Copy each line of the data below in which the word "State" can be found.

§ Dataset items
=====
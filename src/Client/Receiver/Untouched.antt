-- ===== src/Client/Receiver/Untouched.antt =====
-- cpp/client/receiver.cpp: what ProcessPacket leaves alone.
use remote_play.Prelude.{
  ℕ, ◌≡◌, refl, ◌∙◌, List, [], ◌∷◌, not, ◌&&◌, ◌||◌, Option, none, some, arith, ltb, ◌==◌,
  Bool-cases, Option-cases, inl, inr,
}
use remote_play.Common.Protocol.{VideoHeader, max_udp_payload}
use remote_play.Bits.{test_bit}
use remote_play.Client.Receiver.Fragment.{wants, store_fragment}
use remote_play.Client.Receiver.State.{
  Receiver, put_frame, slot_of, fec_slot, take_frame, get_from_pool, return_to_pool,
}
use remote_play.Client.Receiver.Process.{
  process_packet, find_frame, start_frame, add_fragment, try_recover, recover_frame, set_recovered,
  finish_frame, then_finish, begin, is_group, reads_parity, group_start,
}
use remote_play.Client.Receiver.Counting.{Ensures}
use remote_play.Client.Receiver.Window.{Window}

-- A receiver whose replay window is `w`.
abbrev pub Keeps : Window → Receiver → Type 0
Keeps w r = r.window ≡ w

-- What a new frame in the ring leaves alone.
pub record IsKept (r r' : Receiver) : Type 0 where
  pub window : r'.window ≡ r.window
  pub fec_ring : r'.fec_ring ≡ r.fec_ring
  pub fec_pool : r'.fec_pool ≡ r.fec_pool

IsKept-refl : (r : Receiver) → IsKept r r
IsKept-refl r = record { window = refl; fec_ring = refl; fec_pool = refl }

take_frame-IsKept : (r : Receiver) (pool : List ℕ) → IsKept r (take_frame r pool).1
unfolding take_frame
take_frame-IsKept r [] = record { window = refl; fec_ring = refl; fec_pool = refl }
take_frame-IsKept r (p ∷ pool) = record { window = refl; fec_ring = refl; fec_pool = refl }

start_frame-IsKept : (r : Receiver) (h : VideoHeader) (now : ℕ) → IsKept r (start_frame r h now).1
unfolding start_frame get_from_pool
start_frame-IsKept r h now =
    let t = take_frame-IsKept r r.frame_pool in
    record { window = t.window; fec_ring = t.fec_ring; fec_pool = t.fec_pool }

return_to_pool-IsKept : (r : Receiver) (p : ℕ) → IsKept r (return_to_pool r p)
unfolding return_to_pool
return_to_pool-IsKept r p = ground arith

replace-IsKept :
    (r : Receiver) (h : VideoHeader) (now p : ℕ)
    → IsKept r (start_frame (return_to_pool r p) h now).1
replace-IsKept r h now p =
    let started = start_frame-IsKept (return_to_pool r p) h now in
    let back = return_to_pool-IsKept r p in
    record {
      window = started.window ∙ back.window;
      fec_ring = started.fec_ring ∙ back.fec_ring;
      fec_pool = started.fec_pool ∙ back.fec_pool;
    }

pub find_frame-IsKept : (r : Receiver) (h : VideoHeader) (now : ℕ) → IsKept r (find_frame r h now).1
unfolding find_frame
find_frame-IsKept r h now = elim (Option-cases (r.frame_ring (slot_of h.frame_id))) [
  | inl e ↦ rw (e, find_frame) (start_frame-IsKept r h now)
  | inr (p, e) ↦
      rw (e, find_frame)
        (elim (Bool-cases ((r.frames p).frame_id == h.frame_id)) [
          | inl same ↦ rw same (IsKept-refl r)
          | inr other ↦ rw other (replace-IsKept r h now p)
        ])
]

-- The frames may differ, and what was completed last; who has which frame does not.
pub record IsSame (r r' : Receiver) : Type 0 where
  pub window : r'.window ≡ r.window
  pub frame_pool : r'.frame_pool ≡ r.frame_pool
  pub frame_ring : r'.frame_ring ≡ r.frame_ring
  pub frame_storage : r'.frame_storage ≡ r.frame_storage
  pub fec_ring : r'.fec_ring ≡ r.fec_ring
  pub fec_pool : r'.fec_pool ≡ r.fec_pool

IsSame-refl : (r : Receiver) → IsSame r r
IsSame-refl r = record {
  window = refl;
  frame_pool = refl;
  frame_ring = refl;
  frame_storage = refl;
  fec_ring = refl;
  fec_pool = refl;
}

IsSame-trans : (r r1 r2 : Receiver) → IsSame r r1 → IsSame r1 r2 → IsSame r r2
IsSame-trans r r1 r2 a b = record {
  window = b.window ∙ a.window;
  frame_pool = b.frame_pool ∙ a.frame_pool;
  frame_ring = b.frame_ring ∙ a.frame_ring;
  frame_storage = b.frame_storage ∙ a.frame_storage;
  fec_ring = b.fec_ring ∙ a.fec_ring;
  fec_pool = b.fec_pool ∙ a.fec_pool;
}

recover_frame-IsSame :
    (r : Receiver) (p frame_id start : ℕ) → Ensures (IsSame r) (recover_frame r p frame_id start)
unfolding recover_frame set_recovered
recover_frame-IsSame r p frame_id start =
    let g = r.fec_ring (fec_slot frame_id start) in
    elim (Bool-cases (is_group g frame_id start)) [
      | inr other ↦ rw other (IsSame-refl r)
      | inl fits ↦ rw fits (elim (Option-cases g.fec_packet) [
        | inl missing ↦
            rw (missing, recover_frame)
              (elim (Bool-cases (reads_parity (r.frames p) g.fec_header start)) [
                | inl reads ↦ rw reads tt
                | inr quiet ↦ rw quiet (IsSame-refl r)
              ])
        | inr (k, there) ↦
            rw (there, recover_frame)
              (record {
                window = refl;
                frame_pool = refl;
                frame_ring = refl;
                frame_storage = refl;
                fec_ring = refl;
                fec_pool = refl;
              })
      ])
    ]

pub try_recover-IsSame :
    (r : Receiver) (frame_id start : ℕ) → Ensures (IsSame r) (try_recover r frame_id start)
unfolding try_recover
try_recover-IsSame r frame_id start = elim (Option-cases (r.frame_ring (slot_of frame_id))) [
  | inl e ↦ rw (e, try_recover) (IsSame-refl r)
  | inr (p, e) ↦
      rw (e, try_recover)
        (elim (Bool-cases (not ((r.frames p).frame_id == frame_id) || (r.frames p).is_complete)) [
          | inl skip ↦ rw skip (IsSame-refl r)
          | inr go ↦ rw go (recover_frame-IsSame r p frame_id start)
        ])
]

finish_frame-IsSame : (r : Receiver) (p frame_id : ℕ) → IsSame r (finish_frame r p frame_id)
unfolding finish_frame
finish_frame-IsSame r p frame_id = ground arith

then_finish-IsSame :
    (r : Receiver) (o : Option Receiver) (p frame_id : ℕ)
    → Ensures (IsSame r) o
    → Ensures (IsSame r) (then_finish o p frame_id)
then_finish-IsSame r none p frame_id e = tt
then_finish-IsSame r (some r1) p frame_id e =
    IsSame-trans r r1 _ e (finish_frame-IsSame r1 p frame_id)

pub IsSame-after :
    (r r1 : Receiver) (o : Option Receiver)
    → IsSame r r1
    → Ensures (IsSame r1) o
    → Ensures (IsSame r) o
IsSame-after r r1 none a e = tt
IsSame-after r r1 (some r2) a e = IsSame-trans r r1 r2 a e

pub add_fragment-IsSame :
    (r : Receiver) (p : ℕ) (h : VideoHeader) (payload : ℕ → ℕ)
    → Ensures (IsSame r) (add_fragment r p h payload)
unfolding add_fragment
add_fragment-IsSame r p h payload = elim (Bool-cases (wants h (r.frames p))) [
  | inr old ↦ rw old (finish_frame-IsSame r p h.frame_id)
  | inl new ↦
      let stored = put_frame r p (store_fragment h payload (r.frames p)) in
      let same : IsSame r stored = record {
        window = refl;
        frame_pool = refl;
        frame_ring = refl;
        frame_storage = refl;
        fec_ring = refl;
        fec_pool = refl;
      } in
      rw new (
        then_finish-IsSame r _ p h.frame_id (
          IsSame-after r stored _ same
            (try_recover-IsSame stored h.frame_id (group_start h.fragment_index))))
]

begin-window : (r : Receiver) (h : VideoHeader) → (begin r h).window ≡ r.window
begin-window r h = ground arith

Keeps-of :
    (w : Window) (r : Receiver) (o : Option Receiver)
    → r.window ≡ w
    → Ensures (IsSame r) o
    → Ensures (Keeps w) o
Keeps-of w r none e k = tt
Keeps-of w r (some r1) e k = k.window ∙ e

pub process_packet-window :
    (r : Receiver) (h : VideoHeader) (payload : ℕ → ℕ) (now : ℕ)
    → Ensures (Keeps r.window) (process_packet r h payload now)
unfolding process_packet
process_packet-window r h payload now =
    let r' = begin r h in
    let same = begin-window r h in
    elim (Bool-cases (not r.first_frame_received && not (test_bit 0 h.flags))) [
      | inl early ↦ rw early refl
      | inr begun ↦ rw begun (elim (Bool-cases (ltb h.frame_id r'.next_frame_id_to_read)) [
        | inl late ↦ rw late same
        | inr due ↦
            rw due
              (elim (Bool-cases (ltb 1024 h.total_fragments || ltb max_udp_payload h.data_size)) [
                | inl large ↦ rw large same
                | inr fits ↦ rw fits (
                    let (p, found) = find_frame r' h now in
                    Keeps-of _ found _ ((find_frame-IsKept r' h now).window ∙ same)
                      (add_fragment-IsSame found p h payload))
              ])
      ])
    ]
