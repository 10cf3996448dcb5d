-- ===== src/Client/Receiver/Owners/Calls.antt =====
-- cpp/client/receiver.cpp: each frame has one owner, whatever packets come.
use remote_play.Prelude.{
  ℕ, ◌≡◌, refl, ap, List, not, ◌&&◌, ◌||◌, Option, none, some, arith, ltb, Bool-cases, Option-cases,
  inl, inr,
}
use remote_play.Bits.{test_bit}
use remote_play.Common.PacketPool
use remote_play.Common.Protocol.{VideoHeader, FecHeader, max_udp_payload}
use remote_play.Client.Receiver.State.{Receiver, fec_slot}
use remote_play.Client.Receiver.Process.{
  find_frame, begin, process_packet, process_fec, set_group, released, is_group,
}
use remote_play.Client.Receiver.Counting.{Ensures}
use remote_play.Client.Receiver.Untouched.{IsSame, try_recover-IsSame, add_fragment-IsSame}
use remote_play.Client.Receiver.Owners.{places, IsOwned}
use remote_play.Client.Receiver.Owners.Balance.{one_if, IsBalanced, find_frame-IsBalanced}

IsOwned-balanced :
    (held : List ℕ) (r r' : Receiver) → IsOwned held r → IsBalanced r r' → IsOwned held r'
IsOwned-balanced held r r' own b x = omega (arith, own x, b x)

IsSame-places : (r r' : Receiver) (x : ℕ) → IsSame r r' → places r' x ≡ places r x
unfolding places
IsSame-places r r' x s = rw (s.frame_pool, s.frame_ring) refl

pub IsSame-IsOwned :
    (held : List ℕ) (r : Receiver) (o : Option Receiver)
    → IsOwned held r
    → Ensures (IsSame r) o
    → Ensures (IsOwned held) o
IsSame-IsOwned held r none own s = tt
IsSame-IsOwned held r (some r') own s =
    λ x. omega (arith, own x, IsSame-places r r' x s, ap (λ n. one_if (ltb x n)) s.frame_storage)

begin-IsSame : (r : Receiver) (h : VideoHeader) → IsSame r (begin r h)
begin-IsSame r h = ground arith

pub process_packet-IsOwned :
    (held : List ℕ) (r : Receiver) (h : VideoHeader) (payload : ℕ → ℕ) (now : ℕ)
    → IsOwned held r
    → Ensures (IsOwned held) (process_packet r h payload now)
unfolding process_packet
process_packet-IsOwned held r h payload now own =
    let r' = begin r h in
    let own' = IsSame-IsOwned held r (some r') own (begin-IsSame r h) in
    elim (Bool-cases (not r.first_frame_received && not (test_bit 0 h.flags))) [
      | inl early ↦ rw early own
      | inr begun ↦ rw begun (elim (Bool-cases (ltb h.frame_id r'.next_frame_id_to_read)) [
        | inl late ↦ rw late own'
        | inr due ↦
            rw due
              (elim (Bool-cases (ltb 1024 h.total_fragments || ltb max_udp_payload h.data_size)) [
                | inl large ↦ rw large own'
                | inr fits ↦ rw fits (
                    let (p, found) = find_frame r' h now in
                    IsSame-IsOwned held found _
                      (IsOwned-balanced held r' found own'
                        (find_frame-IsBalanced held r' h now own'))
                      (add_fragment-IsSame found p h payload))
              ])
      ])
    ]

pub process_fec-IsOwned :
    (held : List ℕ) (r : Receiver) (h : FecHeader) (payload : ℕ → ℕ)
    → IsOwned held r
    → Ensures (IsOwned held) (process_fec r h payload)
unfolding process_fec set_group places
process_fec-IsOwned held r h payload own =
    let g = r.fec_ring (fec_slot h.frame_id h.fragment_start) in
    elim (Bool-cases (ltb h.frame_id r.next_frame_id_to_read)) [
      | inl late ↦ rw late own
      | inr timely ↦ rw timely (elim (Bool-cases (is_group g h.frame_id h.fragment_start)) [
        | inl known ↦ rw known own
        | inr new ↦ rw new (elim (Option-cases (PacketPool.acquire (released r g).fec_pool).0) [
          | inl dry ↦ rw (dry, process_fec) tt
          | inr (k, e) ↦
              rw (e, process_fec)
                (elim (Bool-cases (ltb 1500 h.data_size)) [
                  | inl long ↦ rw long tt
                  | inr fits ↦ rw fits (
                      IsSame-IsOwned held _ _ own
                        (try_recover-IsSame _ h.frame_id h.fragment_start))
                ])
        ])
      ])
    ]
=====
§ COMPLETED EXERCISE
use remote_play.Client.Receiver.State.{
use remote_play.Client.Receiver.State.{Receiver, fec_slot}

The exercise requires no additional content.